- Extracted information
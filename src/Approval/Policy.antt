-- ===== src/Approval/Policy.antt =====
-- `PolicyEngine` and its helpers (internal/transport/http/services.go).
pub mod Laws
use release_engine.Prelude.{
  ℕ, String, Bool, true, false, not, ◌&&◌, Option, none, some, List, [], ◌∷◌, ◌==◌, leb, length,
  any, if◌then◌else◌, Dict, lookup, trim_space,
}
use release_engine.Approval.State.{Runtime}

-- The fields that the engine reads; `PathKey`, `StepKey`, `BlastRadius` and `MinApprovers` are
-- carried and never read.
pub record ApprovalPolicyInput : Type 0 where
  pub approver : String
  pub approver_role : String
  pub approver_tenant_id : String
  pub job_owner : String
  pub job_tenant_id : String
  pub path_key : String
  pub step_key : String
  pub blast_radius : String
  pub metadata : Dict String
  pub allowed_roles : List String
  pub self_approval : Bool
  pub min_approvers : ℕ

pub record ApprovalPolicyResult : Type 0 where
  pub allowed : Bool
  pub reason : String
  pub violations : List String

abbrev pub refuse : String → String → ApprovalPolicyResult
refuse reason violation = record { allowed = false; reason = reason; violations = violation ∷ [] }

abbrev pub permit : ApprovalPolicyResult
permit = record { allowed = true; reason = ""; violations = [] }

unfoldable pub contains : List String → String → Bool
contains values target = any (λ value. value == target) values

module _ (rt : Runtime) where
  unfoldable pub parse_float : Dict String → String → Option rt.Float
  parse_float values key = elim (lookup key values) [
    | none ↦ none
    | some raw ↦ if trim_space raw == "" then none else rt.parse_float raw
  ]

  -- The last `if`: both figures parse and the estimate exceeds the limit.
  unfoldable pub over_budget : Dict String → Bool
  over_budget metadata = elim (parse_float metadata "estimated_cost") [
    | none ↦ false
    | some estimated ↦ elim (parse_float metadata "approver_limit") [
      | none ↦ false
      | some limit ↦ rt.exceeds estimated limit
    ]
  ]

  -- `len(AllowedRoles) > 0` and no role folds to the approver's.
  unfoldable pub role_refused : List String → String → Bool
  role_refused roles approver_role =
      leb 1 (length roles) && not (any (λ role. rt.equal_fold role approver_role) roles)

  unfoldable pub evaluate_approval : ApprovalPolicyInput → ApprovalPolicyResult
  evaluate_approval input =
      if approver == ""
      then refuse "missing approver" "approver_missing"
      else if not self_approval && (not (job_owner == "") && approver == job_owner)
      then refuse "self approval blocked" "self_approval_blocked"
      else if not (job_tenant_id == "") && approver_tenant_id == ""
      then refuse "approver tenant missing" "approver_tenant_missing"
      else if not (job_tenant_id == "") && not (approver_tenant_id == job_tenant_id)
      then refuse "tenant scope mismatch" "tenant_scope_mismatch"
      else if role_refused allowed_roles approver_role
      then refuse "role not authorised" "role_not_allowed"
      else if over_budget metadata
      then refuse "budget authority exceeded" "budget_exceeded"
      else permit
    where
      open input use {
        approver, approver_role, approver_tenant_id, job_owner, job_tenant_id, metadata,
        allowed_roles, self_approval,
      }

- Work request
The records must be given again in full, exactly as they were written.

- Task result
filename src/Approval/Policy.antt
-- ===== src/Approval/Policy.antt =====
-- `PolicyEngine` and its helpers (internal/transport/http/services.go).
pub mod Laws
use release_engine.Prelude.{
  ℕ, String, Bool, true, false, not, ◌&&◌, Option, none, some, List, [], ◌∷◌, ◌==◌, leb, length,
  any, if◌then◌else◌, Dict, lookup, trim_space,
}
use release_engine.Approval.State.{Runtime}

-- The fields that the engine reads; `PathKey`, `StepKey`, `BlastRadius` and `MinApprovers` are
-- carried and never read.
pub record ApprovalPolicyInput : Type 0 where
  pub approver : String
  pub approver_role : String
  pub approver_tenant_id : String
  pub job_owner : String
  pub job_tenant_id : String
  pub path_key : String
  pub step_key : String
  pub blast_radius : String
  pub metadata : Dict String
  pub allowed_roles : List String
  pub self_approval : Bool
  pub min_approvers : ℕ

pub record ApprovalPolicyResult : Type 0 where
  pub allowed : Bool
  pub reason : String
  pub violations : List String

abbrev pub refuse : String → String → ApprovalPolicyResult
refuse reason violation = record { allowed = false; reason = reason; violations = violation ∷ [] }

abbrev pub permit : ApprovalPolicyResult
permit = record { allowed = true; reason = ""; violations = [] }

unfoldable pub contains : List String → String → Bool
contains values target = any (λ value. value == target) values

module _ (rt : Runtime) where
  unfoldable pub parse_float : Dict String → String → Option rt.Float
  parse_float values key = elim (lookup key values) [
    | none ↦ none
    | some raw ↦ if trim_space raw == "" then none else rt.parse_float raw
  ]

  -- The last `if`: both figures parse and the estimate exceeds the limit.
  unfoldable pub over_budget : Dict String → Bool
  over_budget metadata = elim (parse_float metadata "estimated_cost") [
    | none ↦ false
    | some estimated ↦ elim (parse_float metadata "approver_limit") [
      | none ↦ false
      | some limit ↦ rt.exceeds estimated limit
    ]
  ]

  -- `len(AllowedRoles) > 0` and no role folds to the approver's.
  unfoldable pub role_refused : List String → String → Bool
  role_refused roles approver_role =
      leb 1 (length roles) && not (any (λ role. rt.equal_fold role approver_role) roles)

  unfoldable pub evaluate_approval : ApprovalPolicyInput → ApprovalPolicyResult
  evaluate_approval input =
      if approver == ""
      then refuse "missing approver" "approver_missing"
      else if not self_approval && (not (job_owner == "") && approver == job_owner)
      then refuse "self approval blocked" "self_approval_blocked"
      else if not (job_tenant_id == "") && approver_tenant_id == ""
      then refuse "approver tenant missing" "approver_tenant_missing"
      else if not (job_tenant_id == "") && not (approver_tenant_id == job_tenant_id)
      then refuse "tenant scope mismatch" "tenant_scope_mismatch"
      else if role_refused allowed_roles approver_role
      then refuse "role not authorised" "role_not_allowed"
      else if over_budget metadata
      then refuse "budget authority exceeded" "budget_exceeded"
      else permit
    where
      open input use {
        approver, approver_role, approver_tenant_id, job_owner, job_tenant_id, metadata,
        allowed_roles, self_approval,
      }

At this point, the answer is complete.